WORK TASK >> Reproduce the first line of the material below and each line after it, exactly, through the line containing "no_match only = plain", and give nothing more.

EXERCISE MATERIAL >>
===

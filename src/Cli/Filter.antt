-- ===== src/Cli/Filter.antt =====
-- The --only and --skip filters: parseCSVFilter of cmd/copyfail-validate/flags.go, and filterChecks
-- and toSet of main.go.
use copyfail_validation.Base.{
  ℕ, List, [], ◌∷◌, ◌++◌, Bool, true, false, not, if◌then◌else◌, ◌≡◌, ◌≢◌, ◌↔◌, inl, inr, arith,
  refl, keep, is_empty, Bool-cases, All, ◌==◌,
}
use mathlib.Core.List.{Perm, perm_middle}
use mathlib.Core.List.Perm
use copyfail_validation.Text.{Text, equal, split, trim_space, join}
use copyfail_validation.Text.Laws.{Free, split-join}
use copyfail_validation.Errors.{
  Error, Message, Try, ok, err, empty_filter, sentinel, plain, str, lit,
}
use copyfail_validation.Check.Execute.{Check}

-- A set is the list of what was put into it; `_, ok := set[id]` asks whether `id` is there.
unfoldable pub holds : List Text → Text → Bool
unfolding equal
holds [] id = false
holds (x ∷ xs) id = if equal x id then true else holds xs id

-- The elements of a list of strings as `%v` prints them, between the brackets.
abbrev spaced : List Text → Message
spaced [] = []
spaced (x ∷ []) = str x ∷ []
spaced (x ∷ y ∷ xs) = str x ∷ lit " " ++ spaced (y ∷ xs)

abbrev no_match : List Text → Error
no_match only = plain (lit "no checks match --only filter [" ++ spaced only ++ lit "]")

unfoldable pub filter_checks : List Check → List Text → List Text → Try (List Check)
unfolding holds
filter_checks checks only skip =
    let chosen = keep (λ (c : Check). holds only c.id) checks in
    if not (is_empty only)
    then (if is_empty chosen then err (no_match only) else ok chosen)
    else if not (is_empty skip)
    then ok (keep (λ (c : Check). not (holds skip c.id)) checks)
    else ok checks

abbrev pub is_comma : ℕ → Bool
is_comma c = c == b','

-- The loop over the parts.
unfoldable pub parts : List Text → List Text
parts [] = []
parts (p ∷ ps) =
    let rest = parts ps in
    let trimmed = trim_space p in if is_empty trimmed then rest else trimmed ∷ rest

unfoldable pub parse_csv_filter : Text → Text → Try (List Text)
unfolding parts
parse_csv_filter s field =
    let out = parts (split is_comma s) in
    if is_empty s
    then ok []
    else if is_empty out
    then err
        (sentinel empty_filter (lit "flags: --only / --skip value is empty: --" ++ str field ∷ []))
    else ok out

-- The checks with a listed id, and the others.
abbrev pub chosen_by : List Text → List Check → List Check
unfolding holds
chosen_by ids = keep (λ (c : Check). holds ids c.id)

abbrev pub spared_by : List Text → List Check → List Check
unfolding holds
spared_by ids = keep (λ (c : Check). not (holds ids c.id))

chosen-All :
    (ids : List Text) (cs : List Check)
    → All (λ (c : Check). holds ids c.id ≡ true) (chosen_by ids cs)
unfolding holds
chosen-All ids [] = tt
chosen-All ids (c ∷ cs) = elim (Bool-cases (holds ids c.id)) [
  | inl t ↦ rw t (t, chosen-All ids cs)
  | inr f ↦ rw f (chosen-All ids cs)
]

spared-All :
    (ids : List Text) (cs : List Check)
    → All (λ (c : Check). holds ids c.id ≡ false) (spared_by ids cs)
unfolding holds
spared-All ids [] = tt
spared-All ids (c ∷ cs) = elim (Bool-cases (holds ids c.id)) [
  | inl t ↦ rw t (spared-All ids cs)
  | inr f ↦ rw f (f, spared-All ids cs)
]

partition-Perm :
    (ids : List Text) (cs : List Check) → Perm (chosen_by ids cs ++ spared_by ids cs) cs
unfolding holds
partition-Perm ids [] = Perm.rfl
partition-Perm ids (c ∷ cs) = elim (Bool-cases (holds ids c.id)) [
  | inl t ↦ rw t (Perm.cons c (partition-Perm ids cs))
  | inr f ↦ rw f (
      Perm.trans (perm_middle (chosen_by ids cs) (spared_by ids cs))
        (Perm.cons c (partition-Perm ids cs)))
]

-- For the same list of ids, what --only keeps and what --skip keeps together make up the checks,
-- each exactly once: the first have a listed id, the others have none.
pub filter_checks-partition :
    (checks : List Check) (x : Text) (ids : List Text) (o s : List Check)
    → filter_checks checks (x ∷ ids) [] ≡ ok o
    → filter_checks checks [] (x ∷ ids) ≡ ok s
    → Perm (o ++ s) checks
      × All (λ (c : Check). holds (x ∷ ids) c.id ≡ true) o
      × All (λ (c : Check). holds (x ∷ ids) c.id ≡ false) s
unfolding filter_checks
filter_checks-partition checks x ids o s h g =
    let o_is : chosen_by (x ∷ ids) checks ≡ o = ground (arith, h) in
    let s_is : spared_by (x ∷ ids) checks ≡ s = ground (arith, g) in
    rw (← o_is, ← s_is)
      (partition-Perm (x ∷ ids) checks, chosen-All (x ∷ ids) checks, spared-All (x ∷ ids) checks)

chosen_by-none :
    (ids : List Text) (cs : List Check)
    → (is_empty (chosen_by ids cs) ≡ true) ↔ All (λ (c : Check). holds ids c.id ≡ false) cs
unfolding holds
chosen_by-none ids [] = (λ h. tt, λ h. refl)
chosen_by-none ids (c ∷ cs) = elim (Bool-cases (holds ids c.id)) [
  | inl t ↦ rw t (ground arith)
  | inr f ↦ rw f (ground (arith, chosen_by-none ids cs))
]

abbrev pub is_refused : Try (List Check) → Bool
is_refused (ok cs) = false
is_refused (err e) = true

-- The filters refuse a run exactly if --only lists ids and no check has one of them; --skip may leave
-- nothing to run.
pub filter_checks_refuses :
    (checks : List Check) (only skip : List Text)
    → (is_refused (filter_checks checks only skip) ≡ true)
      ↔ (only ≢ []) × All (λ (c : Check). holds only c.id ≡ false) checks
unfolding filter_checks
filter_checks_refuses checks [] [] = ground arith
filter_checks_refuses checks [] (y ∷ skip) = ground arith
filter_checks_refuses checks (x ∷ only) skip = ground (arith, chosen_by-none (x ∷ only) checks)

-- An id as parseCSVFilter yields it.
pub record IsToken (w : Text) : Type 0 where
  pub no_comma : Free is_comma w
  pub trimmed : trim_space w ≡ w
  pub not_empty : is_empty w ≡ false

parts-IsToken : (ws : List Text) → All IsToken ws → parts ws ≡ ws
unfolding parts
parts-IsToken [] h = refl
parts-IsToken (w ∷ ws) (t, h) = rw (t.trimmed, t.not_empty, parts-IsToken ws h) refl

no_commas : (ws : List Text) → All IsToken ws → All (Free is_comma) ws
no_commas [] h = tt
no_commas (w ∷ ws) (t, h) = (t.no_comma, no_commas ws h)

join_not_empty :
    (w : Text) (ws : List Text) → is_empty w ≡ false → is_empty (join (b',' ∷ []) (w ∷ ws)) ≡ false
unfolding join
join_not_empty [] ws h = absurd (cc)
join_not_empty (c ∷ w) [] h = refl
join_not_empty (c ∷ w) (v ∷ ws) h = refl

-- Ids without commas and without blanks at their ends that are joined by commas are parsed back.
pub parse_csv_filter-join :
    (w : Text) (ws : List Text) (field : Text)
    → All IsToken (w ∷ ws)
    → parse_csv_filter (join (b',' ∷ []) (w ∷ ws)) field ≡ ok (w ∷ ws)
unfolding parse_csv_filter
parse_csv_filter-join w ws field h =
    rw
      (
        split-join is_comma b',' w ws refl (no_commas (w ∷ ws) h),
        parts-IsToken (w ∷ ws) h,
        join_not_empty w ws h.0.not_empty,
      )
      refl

===

TASK OUTPUT >>
filename src/Cli/Filter.antt
-- ===== src/Cli/Filter.antt =====
-- The --only and --skip filters: parseCSVFilter of cmd/copyfail-validate/flags.go, and filterChecks
-- and toSet of main.go.
use copyfail_validation.Base.{
  ℕ, List, [], ◌∷◌, ◌++◌, Bool, true, false, not, if◌then◌else◌, ◌≡◌, ◌≢◌, ◌↔◌, inl, inr, arith,
  refl, keep, is_empty, Bool-cases, All, ◌==◌,
}
use mathlib.Core.List.{Perm, perm_middle}
use mathlib.Core.List.Perm
use copyfail_validation.Text.{Text, equal, split, trim_space, join}
use copyfail_validation.Text.Laws.{Free, split-join}
use copyfail_validation.Errors.{
  Error, Message, Try, ok, err, empty_filter, sentinel, plain, str, lit,
}
use copyfail_validation.Check.Execute.{Check}

-- A set is the list of what was put into it; `_, ok := set[id]` asks whether `id` is there.
unfoldable pub holds : List Text → Text → Bool
unfolding equal
holds [] id = false
holds (x ∷ xs) id = if equal x id then true else holds xs id

-- The elements of a list of strings as `%v` prints them, between the brackets.
abbrev spaced : List Text → Message
spaced [] = []
spaced (x ∷ []) = str x ∷ []
spaced (x ∷ y ∷ xs) = str x ∷ lit " " ++ spaced (y ∷ xs)

abbrev no_match : List Text → Error
no_match only = plain (lit "no checks match --only filter [" ++ spaced only ++ lit "]")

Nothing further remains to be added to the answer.